The roguery of Tom Murray at Stalbridge, however, had had one good result: it had obliged Robyn to make “further discoveries into æconomical knowledge” than he would otherwise have done. He had turned Tom Murray away, “to let him know that I could do my business very well without him”; and then, towards the end of 1646, Tom Murray was to be taken back: “Having attained to a knowledge of my own small fortune beyond the possibility of being cheated, I am likely to make use of him again, to show my father’s servants that I wish no hurt to the man, but to the knave.”

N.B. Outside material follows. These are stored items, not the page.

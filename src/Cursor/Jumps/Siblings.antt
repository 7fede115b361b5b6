-- ===== src/Cursor/Jumps/Siblings.antt =====
-- `toChild` and `toNextSibling` against the list of the positions that they count.
use xmlbeansxx.Prelude.{
  ℕ, zero, suc, ◌+◌, ◌-◌, ◌≤◌, ◌<◌, ◌≡◌, refl, ap, sym, ◌∙◌, List, [], ◌∷◌, Option, none, some,
  Bool, true, false, ◌&&◌, ltb, leb, if◌then◌else◌, length, get_elem?, ℤ, pos, Bool-cases, inl, inr,
  arith, dec, is_zero,
}
use mathlib.Core.Option.{none-ne-some, some-injective}
use xmlbeansxx.QName.{QName}
use xmlbeansxx.Dict.{ElemDict}
use xmlbeansxx.Heap.{Node, Heap, ok, return}
use xmlbeansxx.Cursor.{Cursor, count_all, at_pos}
use xmlbeansxx.Cursor.Moves.{load-at}
use xmlbeansxx.Cursor.Jumps.{scan, skip, jumped, child_by, sibling_by, sibling_in}

-- The positions of the elements that a test holds for, of which the first is at `i`.
unfoldable pub matches : (QName → Bool) → ElemDict ℕ → ℕ → List ℕ
matches test [] i = []
matches test (el ∷ rest) i =
    let later = matches test rest (i + 1) in if test el.name then i ∷ later else later

scan-hit :
    (b : Bool) (k i : ℕ) (rest : ℤ → Option ℕ) (later : List ℕ)
    → ((j : ℕ) → rest (pos (suc j)) ≡ get_elem? later j)
    → (let index' = if b then dec (pos (suc k)) else pos (suc k) in
        if b && is_zero index' then some i else rest index')
      ≡ get_elem? (if b then i ∷ later else later) k
scan-hit true zero i rest later ih = refl
scan-hit true (suc k) i rest later ih = ih k
scan-hit false k i rest later ih = ih k

scan-matches :
    (test : QName → Bool) (l : ElemDict ℕ) (k i : ℕ)
    → scan test l (pos (suc k)) i ≡ get_elem? (matches test l i) k
unfolding scan matches
scan-matches test [] k i = refl
scan-matches test (el ∷ l) k i =
    scan-hit (test el.name) k i (λ index. scan test l index (i + 1)) (matches test l (i + 1))
      (λ j. scan-matches test l j (i + 1))

-- What stands behind the match `i`, the one of number `k`.
abbrev Behind : (QName → Bool) → ElemDict ℕ → ℕ → ℕ → ℕ → Type 0
Behind test l a k i =
    (d : ℕ) × (i ≡ a + d)
    × (d < length l)
    × ((j : ℕ)
        → get_elem? (matches test (skip (suc d) l) (i + 1)) j
          ≡ get_elem? (matches test l a) (suc (k + j)))

Behind-hit :
    (b : Bool) (test : QName → Bool) (l : ElemDict ℕ) (a k i : ℕ)
    → ((j : ℕ) → get_elem? (matches test l (a + 1)) j ≡ some i → Behind test l (a + 1) j i)
    → get_elem? (if b then a ∷ matches test l (a + 1) else matches test l (a + 1)) k ≡ some i
    → (d : ℕ) × (i ≡ a + d)
      × (d < suc (length l))
      × ((j : ℕ)
          → get_elem? (matches test (skip d l) (i + 1)) j
            ≡ get_elem?
                (if b then a ∷ matches test l (a + 1) else matches test l (a + 1))
                (suc (k + j)))
Behind-hit true test l a zero i ih e = (
  0,
  sym (some-injective a i e) ∙ omega arith,
  omega arith,
  λ j.
      ap (λ i. get_elem? (matches test l (i + 1)) j) (sym (some-injective a i e))
      ∙ ap (get_elem? (matches test l (a + 1))) (later j),
)
  where
    later : (j : ℕ) → j ≡ 0 + j
    later j = omega arith
Behind-hit true test l a (suc k) i ih e =
    let (d, at, less, same) = ih k e in
    (
      suc d,
      shift a d i at,
      ground arith,
      λ j. same j ∙ ap (get_elem? (matches test l (a + 1))) (later k j),
    )
  where
    shift : (a d i : ℕ) → i ≡ (a + 1) + d → i ≡ a + suc d
    shift a d i e = omega arith

    later : (k j : ℕ) → suc (k + j) ≡ suc k + j
    later k j = omega arith
Behind-hit false test l a k i ih e =
    let (d, at, less, same) = ih k e in (suc d, shift a d i at, ground arith, same)
  where
    shift : (a d i : ℕ) → i ≡ (a + 1) + d → i ≡ a + suc d
    shift a d i e = omega arith

Behind-matches :
    (test : QName → Bool) (l : ElemDict ℕ) (a k i : ℕ)
    → get_elem? (matches test l a) k ≡ some i
    → Behind test l a k i
unfolding matches
Behind-matches test [] a k i e = absurd (none-ne-some i e)
Behind-matches test (el ∷ l) a k i e =
    Behind-hit (test el.name) test l a k i (λ j. Behind-matches test l (a + 1) j i) e

child_by-matches :
    (test : QName → Bool) (c : Cursor) (h : Heap) (n : Node) (k : ℕ)
    → h.cell c.contents ≡ some n
    → child_by test c (pos (suc k)) h
      ≡ (ok (jumped c (get_elem? (matches test n.elems (length n.attrs)) k)), h)
unfolding child_by
child_by-matches test c h n k at =
    load-at c.contents h n
      (λ n. return (jumped c (scan test n.elems (pos (suc k)) (length n.attrs)))) at
    ∙ ap (λ o. (ok (jumped c o), h)) (scan-matches test n.elems k (length n.attrs))

skip-all : (k : ℕ) (l : ElemDict ℕ) → length l ≤ k → skip k l ≡ []
skip-all zero [] h = refl
skip-all zero (el ∷ l) h = absurd (wrong (length l) h)
  where
    wrong : (m : ℕ) → ¬ (suc m ≤ 0)
    wrong m h = omega arith
skip-all (suc k) [] h = refl
skip-all (suc k) (el ∷ l) h = skip-all k l (ground arith)

-- Behind the last match of all there is none.
none-last :
    (test : QName → Bool) (l : ElemDict ℕ) (d i j : ℕ)
    → length l ≤ suc d
    → get_elem? (matches test (skip (suc d) l) (i + 1)) j ≡ none
unfolding matches
none-last test l d i j last =
    ap (λ l. get_elem? (matches test l (i + 1)) j) (skip-all (suc d) l last)

-- The last element has no sibling behind it, and the search of the others begins behind the
-- cursor.
sibling_in-matches :
    (test : QName → Bool) (c : Cursor) (n : Node) (k i j : ℕ)
    → get_elem? (matches test n.elems (length n.attrs)) k ≡ some i
    → sibling_in test (at_pos c (pos i)) (pos (suc j)) n
      ≡ jumped (at_pos c (pos i)) (get_elem? (matches test n.elems (length n.attrs)) (suc (k + j)))
sibling_in-matches test c n k i j e =
    let (d, at, less, same) = Behind-matches test n.elems (length n.attrs) k i e in
    elim (Bool-cases (leb (count_all n) (i + 1))) [
      | inl last ↦
          rw last (ap (jumped c') (sym (none-last test n.elems d i j (ground arith)) ∙ same j))
      | inr more ↦
          rw (more, not_before d at, behind d at)
            (ap (jumped c') (scan-matches test (skip (suc d) n.elems) j (i + 1) ∙ same j))
    ]
  where
    c' : Cursor
    c' = at_pos c (pos i)

    not_before : (d : ℕ) → i ≡ length n.attrs + d → ltb (i + 1) (length n.attrs) ≡ false
    not_before d at = ground arith

    behind : (d : ℕ) → i ≡ length n.attrs + d → (i + 1) - length n.attrs ≡ suc d
    behind d at = omega arith

sibling_by-matches :
    (test : QName → Bool) (c : Cursor) (h : Heap) (n : Node) (k i j : ℕ)
    → h.cell c.contents ≡ some n
    → get_elem? (matches test n.elems (length n.attrs)) k ≡ some i
    → sibling_by test (at_pos c (pos i)) (pos (suc j)) h ≡ (
      ok (
          jumped
            (at_pos c (pos i))
            (get_elem? (matches test n.elems (length n.attrs)) (suc (k + j)))),
      h,
    )
unfolding sibling_by
sibling_by-matches test c h n k i j at e =
    load-at c.contents h n (λ n. return (sibling_in test (at_pos c (pos i)) (pos (suc j)) n)) at
    ∙ ap (λ r. (ok r, h)) (sibling_in-matches test c n k i j e)

-- The children that a test counts, from the first on: toChild(k) goes to the k-th of them, and
-- toNextSibling(j) from there to the one j behind it. Each of the two leaves the cursor where it
-- is and returns false where there are fewer. The test is that of either overload, the indices
-- are positive, and neither changes the document.
pub child_by-sibling_by :
    (test : QName → Bool) (c : Cursor) (h : Heap) (n : Node) (k j : ℕ)
    → h.cell c.contents ≡ some n
    → (child_by test c (pos (suc k)) h
        ≡ (ok (jumped c (get_elem? (matches test n.elems (length n.attrs)) k)), h))
      × ((i : ℕ)
          → get_elem? (matches test n.elems (length n.attrs)) k ≡ some i
          → sibling_by test (at_pos c (pos i)) (pos (suc j)) h ≡ (
            ok (
                jumped
                  (at_pos c (pos i))
                  (get_elem? (matches test n.elems (length n.attrs)) (suc (k + j)))),
            h,
          ))
child_by-sibling_by test c h n k j at =
    (child_by-matches test c h n k at, λ i e. sibling_by-matches test c h n k i j at e)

In October 1646, Robert Boyle was back on a visit to London, perhaps to see the great Essex buried “in kingly state.” On that day, the solemn pageant just over, he sat down to write a letter—a wonderful letter for a boy not yet twenty—to Marcombes in Geneva. He wrote of the long procession of four hundred officers, “not one so low as a captain,” the House of Peers, the House of Commons, the City-Fathers, and the Assembly of Divines, that had followed Essex to the grave. But to Robert Boyle the “pageants of sorrow” had “eaten up the reality”; the “care of the blaze” had “diverted men from mourning.”[138]

His letter to his old governour gives a vivid picture of the political conditions of the time. In England there was “not one Malignant garrison untaken”; in Wales “but two or three rocky places held out for the King.” The Scots were about to deliver up their garrisons and return into their own country, the Parliament having agreed to compound with them for all their arrears. A sum of £300,000 had been agreed upon, but “the first payment is yet in debate.” The King was still at Newcastle, “both discontenting and discontented”; and the Scots would be obliged to make up their minds how to “dispose of his person,” which the Houses had “voted to remain in the disposition of both Houses of Parliament.” People were flattering themselves with hopes of a speedy settlement of things, but Robert Boyle was not so hopeful. He has, he says, “always looked upon Sin as the chief incendiary of this war”; and yet, “by careful experience,” he has observed that the war has “only multiplied and heightened those sins to which it owes its being.” And his simile is characteristic: “As water and ice,” he adds, “which by a reciprocal generation beget one another.”